─── Material supplied

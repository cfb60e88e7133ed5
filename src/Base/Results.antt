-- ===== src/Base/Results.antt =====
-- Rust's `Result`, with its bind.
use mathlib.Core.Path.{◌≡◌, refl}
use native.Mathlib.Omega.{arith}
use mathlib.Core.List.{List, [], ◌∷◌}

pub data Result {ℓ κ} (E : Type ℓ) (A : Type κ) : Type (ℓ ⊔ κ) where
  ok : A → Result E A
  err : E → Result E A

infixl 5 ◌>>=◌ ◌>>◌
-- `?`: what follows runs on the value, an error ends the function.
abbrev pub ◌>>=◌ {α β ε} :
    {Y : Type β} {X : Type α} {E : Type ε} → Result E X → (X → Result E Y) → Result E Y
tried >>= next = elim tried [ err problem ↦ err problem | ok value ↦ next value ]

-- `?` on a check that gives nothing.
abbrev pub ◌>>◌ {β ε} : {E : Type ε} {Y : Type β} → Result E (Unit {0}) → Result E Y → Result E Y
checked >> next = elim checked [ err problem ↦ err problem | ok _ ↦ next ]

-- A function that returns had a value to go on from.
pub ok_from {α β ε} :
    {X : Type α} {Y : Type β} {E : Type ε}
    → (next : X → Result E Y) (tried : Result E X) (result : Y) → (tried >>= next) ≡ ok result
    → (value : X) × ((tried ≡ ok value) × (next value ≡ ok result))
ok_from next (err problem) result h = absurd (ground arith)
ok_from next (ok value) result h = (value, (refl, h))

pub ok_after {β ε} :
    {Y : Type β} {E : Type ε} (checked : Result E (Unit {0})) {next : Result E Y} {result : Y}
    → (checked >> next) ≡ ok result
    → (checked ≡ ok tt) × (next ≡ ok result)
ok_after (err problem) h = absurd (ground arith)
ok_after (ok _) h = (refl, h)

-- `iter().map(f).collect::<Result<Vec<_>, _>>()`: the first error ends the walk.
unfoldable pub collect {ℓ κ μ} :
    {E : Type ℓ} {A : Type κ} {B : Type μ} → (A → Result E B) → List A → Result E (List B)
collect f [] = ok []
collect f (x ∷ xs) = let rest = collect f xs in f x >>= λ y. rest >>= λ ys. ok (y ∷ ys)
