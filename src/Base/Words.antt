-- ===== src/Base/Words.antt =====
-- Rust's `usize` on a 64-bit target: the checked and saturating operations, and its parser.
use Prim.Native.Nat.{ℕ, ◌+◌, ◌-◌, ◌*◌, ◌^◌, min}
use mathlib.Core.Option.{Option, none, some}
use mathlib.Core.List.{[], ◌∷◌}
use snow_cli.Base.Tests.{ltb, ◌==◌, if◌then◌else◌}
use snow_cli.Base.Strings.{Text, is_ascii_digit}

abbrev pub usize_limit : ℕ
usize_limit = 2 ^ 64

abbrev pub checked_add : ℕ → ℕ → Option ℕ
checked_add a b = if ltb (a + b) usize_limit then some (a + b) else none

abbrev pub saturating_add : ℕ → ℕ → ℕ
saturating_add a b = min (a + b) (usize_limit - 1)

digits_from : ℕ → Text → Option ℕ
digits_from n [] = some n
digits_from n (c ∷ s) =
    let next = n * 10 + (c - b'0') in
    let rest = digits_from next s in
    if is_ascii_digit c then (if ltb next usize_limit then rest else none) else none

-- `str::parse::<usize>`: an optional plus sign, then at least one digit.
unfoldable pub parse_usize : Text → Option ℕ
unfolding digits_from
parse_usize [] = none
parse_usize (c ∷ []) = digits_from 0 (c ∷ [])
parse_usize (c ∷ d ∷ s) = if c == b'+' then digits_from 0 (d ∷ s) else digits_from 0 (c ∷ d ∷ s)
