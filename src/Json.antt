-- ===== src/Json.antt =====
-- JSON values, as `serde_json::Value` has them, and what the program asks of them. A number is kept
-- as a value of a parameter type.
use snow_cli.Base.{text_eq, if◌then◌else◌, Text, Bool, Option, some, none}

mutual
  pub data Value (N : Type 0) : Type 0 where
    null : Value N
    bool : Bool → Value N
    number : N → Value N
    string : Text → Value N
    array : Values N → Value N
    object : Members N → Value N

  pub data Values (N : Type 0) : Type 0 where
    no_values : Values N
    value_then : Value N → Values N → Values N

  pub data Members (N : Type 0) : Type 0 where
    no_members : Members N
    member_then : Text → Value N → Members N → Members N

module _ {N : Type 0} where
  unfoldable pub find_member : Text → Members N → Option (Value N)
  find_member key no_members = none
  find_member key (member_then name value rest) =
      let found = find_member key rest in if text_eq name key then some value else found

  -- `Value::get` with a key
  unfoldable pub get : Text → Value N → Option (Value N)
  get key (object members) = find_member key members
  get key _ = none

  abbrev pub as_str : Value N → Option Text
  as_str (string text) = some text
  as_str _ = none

──────
─── Material supplied

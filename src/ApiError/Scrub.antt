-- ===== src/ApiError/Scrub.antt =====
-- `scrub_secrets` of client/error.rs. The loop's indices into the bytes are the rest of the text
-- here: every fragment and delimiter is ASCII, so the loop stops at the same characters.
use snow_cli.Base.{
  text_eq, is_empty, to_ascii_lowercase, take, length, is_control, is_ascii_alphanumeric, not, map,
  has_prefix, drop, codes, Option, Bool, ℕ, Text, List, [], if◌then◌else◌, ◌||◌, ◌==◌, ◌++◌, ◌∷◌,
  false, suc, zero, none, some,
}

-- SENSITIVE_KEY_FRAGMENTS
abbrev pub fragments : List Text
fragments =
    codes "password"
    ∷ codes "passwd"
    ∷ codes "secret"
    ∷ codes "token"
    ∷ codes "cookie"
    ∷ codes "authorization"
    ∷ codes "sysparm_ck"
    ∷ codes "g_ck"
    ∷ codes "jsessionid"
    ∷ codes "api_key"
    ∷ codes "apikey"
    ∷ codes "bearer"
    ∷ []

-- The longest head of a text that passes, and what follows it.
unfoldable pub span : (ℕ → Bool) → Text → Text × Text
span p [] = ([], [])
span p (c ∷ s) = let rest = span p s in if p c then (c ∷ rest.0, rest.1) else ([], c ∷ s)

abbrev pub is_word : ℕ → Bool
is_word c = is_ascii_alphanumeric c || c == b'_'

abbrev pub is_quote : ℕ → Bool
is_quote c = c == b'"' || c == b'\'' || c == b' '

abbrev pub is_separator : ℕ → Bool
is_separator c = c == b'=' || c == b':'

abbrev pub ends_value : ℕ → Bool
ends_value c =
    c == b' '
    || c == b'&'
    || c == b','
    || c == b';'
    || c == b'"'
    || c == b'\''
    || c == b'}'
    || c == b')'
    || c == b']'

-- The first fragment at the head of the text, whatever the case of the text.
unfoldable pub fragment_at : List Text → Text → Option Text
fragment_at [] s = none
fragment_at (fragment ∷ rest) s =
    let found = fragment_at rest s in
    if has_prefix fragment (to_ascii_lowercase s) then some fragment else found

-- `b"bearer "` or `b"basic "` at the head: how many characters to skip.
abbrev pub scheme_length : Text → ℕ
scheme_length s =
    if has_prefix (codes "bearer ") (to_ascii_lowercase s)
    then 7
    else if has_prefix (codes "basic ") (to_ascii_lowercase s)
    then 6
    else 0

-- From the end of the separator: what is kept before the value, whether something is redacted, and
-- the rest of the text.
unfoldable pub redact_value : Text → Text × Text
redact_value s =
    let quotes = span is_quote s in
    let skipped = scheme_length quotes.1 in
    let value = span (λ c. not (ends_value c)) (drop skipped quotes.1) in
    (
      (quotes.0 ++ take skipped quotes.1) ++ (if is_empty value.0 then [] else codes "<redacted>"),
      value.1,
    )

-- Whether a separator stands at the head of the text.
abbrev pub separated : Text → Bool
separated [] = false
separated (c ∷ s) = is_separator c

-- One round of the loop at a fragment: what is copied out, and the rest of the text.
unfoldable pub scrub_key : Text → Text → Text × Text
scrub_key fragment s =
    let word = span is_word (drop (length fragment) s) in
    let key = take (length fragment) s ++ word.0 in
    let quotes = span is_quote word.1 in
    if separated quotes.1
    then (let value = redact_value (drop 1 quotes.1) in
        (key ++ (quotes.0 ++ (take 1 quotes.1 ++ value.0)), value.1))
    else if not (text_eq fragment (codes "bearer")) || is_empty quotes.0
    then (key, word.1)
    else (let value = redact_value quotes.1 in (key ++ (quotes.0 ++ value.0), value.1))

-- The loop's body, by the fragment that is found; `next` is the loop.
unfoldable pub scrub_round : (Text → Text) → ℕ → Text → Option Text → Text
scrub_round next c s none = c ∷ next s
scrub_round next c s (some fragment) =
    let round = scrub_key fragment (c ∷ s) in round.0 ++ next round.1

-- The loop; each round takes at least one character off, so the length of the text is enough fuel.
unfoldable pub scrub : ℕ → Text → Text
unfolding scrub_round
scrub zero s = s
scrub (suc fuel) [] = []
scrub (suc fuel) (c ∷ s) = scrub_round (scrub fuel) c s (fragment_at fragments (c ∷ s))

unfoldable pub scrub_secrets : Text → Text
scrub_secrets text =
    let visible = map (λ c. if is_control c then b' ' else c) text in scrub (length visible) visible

──────
─── Material supplied

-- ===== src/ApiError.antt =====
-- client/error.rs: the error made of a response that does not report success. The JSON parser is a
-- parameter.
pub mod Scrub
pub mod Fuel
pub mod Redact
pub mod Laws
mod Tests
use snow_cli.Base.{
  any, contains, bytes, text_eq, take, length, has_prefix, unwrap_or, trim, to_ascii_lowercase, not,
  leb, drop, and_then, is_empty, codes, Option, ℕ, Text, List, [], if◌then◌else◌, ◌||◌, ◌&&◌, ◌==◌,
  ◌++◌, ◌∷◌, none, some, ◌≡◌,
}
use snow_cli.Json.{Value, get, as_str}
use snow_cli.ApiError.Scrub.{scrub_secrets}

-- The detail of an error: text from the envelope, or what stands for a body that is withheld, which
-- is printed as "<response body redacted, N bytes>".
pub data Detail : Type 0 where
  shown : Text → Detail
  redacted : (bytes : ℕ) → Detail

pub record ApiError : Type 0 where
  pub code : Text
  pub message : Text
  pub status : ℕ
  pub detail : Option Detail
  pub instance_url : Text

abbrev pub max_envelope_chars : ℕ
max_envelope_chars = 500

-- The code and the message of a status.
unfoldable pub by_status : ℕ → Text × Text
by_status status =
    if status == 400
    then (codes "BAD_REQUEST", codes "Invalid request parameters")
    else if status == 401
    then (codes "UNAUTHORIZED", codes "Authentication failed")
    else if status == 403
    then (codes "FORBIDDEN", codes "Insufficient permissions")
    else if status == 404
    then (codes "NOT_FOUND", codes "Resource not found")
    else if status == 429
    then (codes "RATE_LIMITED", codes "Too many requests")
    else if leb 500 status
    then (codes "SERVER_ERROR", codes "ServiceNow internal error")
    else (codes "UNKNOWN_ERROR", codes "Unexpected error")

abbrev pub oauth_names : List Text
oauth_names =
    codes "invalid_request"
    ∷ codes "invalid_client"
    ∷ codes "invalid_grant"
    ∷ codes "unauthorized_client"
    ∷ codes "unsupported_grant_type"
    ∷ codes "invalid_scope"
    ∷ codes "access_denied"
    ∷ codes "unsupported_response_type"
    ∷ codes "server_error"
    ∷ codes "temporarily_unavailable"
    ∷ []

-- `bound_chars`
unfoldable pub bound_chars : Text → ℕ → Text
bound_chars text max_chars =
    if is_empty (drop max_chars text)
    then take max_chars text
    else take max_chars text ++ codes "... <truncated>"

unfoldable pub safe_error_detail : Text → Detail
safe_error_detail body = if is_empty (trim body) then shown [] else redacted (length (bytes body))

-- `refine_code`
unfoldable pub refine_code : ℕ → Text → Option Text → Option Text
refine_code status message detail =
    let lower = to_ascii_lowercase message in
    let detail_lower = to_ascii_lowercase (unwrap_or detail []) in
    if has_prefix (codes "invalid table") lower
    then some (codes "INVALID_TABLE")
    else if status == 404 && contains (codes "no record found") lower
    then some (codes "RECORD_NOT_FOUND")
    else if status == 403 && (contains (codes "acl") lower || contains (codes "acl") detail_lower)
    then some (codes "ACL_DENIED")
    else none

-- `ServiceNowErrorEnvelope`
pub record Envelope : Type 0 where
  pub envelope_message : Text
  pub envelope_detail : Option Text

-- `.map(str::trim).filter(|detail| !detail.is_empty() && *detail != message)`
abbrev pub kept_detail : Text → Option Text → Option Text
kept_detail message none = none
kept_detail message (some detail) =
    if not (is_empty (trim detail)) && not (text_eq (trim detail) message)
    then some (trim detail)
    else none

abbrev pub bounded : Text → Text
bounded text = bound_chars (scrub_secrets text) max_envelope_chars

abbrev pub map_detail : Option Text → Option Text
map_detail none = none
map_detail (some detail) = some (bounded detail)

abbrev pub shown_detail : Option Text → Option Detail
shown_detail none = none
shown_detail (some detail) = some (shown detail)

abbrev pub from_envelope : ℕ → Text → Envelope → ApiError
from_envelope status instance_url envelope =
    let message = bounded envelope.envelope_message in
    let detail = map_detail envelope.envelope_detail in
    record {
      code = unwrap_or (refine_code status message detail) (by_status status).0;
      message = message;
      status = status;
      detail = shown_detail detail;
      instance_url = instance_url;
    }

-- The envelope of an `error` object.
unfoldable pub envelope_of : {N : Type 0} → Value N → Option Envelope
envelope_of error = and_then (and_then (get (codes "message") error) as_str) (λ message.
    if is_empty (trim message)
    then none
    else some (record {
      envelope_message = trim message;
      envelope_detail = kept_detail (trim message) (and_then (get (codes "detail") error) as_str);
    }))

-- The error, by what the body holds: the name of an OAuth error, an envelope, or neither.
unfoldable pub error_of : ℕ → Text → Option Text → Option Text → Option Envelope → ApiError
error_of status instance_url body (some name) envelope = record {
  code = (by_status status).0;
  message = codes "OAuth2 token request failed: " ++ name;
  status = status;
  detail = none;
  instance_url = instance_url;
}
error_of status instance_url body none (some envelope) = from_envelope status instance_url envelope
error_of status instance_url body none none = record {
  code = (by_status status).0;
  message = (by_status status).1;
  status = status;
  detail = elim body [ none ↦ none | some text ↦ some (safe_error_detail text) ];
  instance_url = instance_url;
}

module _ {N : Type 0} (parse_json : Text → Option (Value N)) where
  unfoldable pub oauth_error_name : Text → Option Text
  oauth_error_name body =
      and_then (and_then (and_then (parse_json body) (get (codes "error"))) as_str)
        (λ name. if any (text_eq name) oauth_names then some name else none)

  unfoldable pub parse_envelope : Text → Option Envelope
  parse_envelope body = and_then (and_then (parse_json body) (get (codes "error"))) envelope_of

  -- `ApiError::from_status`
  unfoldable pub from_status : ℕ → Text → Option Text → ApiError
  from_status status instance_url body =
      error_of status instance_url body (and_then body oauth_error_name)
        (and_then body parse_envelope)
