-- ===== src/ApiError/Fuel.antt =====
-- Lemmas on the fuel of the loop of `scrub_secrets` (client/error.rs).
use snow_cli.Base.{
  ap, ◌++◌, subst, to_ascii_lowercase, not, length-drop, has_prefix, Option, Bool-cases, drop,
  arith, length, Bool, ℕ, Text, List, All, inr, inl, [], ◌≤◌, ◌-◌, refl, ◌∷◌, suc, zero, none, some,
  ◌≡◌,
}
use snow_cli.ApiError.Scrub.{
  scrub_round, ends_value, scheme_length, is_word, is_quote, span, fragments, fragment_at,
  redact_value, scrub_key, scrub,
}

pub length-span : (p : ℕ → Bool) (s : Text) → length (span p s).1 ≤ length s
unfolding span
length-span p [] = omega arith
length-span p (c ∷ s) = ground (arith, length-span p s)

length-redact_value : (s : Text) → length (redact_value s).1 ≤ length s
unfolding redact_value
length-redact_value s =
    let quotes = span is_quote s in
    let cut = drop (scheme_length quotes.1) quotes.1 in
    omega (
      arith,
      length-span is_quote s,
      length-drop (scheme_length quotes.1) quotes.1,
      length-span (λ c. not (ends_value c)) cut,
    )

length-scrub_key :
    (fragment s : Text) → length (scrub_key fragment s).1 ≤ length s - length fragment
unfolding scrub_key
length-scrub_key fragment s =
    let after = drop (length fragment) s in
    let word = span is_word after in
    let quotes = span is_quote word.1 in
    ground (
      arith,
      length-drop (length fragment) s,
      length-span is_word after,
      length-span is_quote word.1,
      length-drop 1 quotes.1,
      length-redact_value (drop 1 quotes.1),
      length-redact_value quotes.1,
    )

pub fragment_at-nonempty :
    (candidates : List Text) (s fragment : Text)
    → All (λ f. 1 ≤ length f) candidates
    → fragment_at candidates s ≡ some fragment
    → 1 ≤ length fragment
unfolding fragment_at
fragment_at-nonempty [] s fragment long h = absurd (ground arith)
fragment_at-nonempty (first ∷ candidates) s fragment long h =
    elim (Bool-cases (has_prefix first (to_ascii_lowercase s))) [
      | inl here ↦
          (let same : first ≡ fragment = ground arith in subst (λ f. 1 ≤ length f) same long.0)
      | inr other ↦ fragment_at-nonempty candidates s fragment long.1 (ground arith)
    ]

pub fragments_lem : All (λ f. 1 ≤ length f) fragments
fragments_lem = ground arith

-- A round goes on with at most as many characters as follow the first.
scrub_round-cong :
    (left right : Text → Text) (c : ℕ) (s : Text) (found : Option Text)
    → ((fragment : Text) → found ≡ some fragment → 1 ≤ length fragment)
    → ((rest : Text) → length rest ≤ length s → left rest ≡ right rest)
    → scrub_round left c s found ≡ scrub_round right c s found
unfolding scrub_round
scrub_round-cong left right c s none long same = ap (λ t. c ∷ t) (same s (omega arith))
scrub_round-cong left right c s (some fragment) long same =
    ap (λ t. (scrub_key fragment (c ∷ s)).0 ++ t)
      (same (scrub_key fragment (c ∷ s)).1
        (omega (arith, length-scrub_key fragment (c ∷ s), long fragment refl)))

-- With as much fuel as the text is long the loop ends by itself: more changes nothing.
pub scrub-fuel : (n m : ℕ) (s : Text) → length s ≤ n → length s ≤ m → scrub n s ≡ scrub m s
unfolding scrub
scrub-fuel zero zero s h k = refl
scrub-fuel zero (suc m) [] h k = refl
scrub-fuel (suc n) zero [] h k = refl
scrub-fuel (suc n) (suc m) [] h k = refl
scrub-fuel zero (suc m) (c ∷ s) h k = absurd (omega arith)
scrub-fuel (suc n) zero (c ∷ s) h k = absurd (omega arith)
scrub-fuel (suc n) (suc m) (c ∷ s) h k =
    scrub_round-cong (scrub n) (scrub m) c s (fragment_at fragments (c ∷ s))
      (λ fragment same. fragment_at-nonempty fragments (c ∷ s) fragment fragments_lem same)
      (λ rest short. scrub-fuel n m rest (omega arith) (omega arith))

──────

The lines sought are those in the data above that include the string "many"; copy each one.

-- `b"bearer "` or `b"basic "` at the head: how many characters to skip.
    then (codes "RATE_LIMITED", codes "Too many requests")
-- A round goes on with at most as many characters as follow the first.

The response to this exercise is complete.